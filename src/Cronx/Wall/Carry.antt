-- ===== src/Cronx/Wall/Carry.antt =====
-- carryDay and what skips a day or a month land on the next date of the calendar.
use paceq.Base.{ℕ, ◌+◌, ◌*◌, ◌≤◌, ◌<◌, ◌≡◌, refl, ap, true, ◌&&◌, inl, inr, arith}
use paceq.Base.Tests.{ltb, leb, ◌==◌, Bool-cases}
use paceq.Cronx.Wall.{WallPoint, last_day, next_year, carry_day, skip_month, skip_day}
use paceq.Cronx.Wall.Days.{last_day_bounds}

-- A date of the calendar.
pub record IsDate (y mo d : ℕ) : Type 0 where
  pub from_january : 1 ≤ mo
  pub to_december : mo ≤ 12
  pub from_first : 1 ≤ d
  pub to_last : d ≤ last_day y mo

-- A minute of a wall clock.
pub record IsWall (w : WallPoint) : Type 0 where
  pub date : IsDate w.y w.mo w.d
  pub hour : w.h < 24
  pub minute : w.mi < 60

abbrev pub day_key : WallPoint → ℕ
day_key w = (w.y * 16 + w.mo) * 32 + w.d

-- Where carrying goes: nowhere, into a new year, or into the next month.
data Carried (w r : WallPoint) : Type 0 where
  stays : w.mo ≤ 12 → w.d ≤ last_day w.y w.mo → r ≡ w → Carried w r
  new_year :
      12 ≤ w.mo
      → (w.mo ≡ 12 → last_day w.y w.mo < w.d)
      → r ≡ record w { y = w.y + 1; mo = 1; d = 1 }
      → Carried w r
  new_month :
      w.mo < 12 → last_day w.y w.mo < w.d → r ≡ record w { mo = w.mo + 1; d = 1 } → Carried w r

first_day : (y mo : ℕ) → leb 1 (last_day y mo) ≡ true
first_day y mo = ground (arith, last_day_bounds y mo)

carry_day-Carried : (w : WallPoint) → w.mo ≤ 13 → (w.mo ≡ 13 → w.d ≡ 1) → Carried w (carry_day w)
unfolding carry_day next_year
carry_day-Carried w h first = elim (Bool-cases (ltb 12 w.mo)) [
  | inl past ↦
      let d : w.d ≡ 1 = first (ground arith) in
      let fits : leb w.d (last_day (w.y + 1) 1) ≡ true = rw d (first_day (w.y + 1) 1) in
      new_year (ground arith) (λ e. ground arith)
        (rw (past, fits) (ap (λ e. record w { y = w.y + 1; mo = 1; d = e }) d))
  | inr within ↦ elim (Bool-cases (leb w.d (last_day w.y w.mo))) [
    | inl fits ↦ stays (ground arith) (ground arith) (rw (within, fits) refl)
    | inr over ↦ elim (Bool-cases (ltb 12 (w.mo + 1))) [
      | inl december ↦
          new_year (ground arith) (λ _. ground arith) (rw (within, over, december) refl)
      | inr other ↦
          new_month (ground arith) (ground arith)
            (rw (within, over, other, first_day w.y (w.mo + 1)) refl)
    ]
  ]
]

-- The date that a date behind the end of a month, or of a year, is carried to; the time of day stays.
pub record IsCarried (w r : WallPoint) : Type 0 where
  pub date : IsDate r.y r.mo r.d
  pub same_hour : r.h ≡ w.h
  pub same_minute : r.mi ≡ w.mi
  pub forward : day_key w ≤ day_key r
  pub next : (v : WallPoint) → IsDate v.y v.mo v.d → day_key w ≤ day_key v → day_key r ≤ day_key v

first_IsDate : (y mo : ℕ) → 1 ≤ mo → mo ≤ 12 → IsDate y mo 1
first_IsDate y mo h h' =
    let (long, _) = last_day_bounds y mo in
    record { from_january = h; to_december = h'; from_first = omega arith; to_last = omega arith }

-- A date in the same month is on one of its days.
beyond_month :
    (w v : WallPoint)
    → IsDate v.y v.mo v.d
    → last_day w.y w.mo < w.d
    → v.y ≡ w.y
    → v.mo ≡ w.mo
    → v.d < w.d
beyond_month w v date over y mo =
    let last : last_day v.y v.mo ≡ last_day w.y w.mo = cc in omega (arith, date.to_last, last)

Carried-IsCarried :
    (w r : WallPoint) → 1 ≤ w.mo → w.mo ≤ 13 → 1 ≤ w.d → w.d ≤ 32 → Carried w r → IsCarried w r
Carried-IsCarried w r h h' low high (stays mo d e) = rw e (record {
  date = record { from_january = h; to_december = mo; from_first = low; to_last = d };
  same_hour = refl;
  same_minute = refl;
  forward = omega arith;
  next = λ v date le. le;
})
Carried-IsCarried w r h h' low high (new_year mo over e) = rw e (record {
  date = first_IsDate (w.y + 1) 1 (omega arith) (omega arith);
  same_hour = refl;
  same_minute = refl;
  forward = omega arith;
  next = λ v date le. elim (Bool-cases ((v.y == w.y) && (v.mo == w.mo))) [
    | inl same ↦
        let below =
          beyond_month w v date (over (ground (arith, date.to_december))) (ground arith)
            (ground arith) in
        absurd (ground arith)
    | inr other ↦ ground (arith, date.to_december, date.to_last, last_day_bounds v.y v.mo)
  ];
})
Carried-IsCarried w r h h' low high (new_month mo over e) = rw e (record {
  date = first_IsDate w.y (w.mo + 1) (omega arith) (omega arith);
  same_hour = refl;
  same_minute = refl;
  forward = omega arith;
  next = λ v date le. elim (Bool-cases ((v.y == w.y) && (v.mo == w.mo))) [
    | inl same ↦
        let below = beyond_month w v date over (ground arith) (ground arith) in
        absurd (ground arith)
    | inr other ↦
        ground (arith, date.to_december, date.from_first, date.to_last, last_day_bounds v.y v.mo)
  ];
})

carry_day-IsCarried :
    (w : WallPoint)
    → 1 ≤ w.mo
    → w.mo ≤ 13
    → 1 ≤ w.d
    → w.d ≤ 32
    → (w.mo ≡ 13 → w.d ≡ 1)
    → IsCarried w (carry_day w)
carry_day-IsCarried w h h' low high first =
    Carried-IsCarried w (carry_day w) h h' low high (carry_day-Carried w h' first)

pub skip_month-IsCarried :
    (n : WallPoint)
    → IsDate n.y n.mo n.d
    → IsCarried (record n { d = 1; h = 0; mo = n.mo + 1 }) (skip_month n)
unfolding skip_month
skip_month-IsCarried n date =
    carry_day-IsCarried (record n { d = 1; h = 0; mo = n.mo + 1 }) (omega arith)
      (omega (arith, date.to_december)) (omega arith) (omega arith) (λ _. refl)

pub skip_day-IsCarried :
    (n : WallPoint) → IsDate n.y n.mo n.d → IsCarried (record n { d = n.d + 1; h = 0 }) (skip_day n)
unfolding skip_day
skip_day-IsCarried n date =
    let (_, short) = last_day_bounds n.y n.mo in
    carry_day-IsCarried (record n { d = n.d + 1; h = 0 }) date.from_january
      (omega (arith, date.to_december)) (omega arith) (omega (arith, date.to_last))
      λ e. absurd (omega (arith, date.to_december))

Instructions for the task — Each of the lines from the one that contains "skip_day-IsCarried n date" through the last line of the data needs to be repeated exactly, with no others.

Written solution —
skip_day-IsCarried n date =
    let (_, short) = last_day_bounds n.y n.mo in
    carry_day-IsCarried (record n { d = n.d + 1; h = 0 }) date.from_january
      (omega (arith, date.to_december)) (omega arith) (omega (arith, date.to_last))
      λ e. absurd (omega (arith, date.to_december))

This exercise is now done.